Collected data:
- - - -

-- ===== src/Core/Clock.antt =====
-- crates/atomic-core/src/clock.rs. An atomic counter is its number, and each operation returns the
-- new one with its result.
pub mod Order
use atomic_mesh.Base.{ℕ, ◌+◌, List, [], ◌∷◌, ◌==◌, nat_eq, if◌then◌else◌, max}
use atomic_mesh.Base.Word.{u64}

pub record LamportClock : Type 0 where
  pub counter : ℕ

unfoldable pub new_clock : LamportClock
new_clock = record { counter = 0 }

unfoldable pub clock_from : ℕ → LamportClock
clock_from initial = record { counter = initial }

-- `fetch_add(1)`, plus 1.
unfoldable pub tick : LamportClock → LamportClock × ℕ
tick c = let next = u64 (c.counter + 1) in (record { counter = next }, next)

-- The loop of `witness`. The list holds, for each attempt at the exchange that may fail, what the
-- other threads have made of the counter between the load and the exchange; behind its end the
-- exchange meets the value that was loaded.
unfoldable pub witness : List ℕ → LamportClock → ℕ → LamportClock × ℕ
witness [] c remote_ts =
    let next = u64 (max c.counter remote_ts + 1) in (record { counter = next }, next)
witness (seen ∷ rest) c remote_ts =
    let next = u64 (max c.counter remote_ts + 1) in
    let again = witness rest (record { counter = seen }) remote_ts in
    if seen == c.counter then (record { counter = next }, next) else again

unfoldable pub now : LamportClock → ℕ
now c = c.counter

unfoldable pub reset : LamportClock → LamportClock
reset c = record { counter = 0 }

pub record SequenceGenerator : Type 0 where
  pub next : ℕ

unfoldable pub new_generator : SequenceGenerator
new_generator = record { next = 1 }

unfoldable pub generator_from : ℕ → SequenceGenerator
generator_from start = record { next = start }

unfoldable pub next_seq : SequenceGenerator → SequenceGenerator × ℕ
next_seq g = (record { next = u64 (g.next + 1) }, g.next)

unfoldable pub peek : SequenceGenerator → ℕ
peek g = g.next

- - - -

Copy every line from the data that includes the string "where".

pub record LamportClock : Type 0 where
pub record SequenceGenerator : Type 0 where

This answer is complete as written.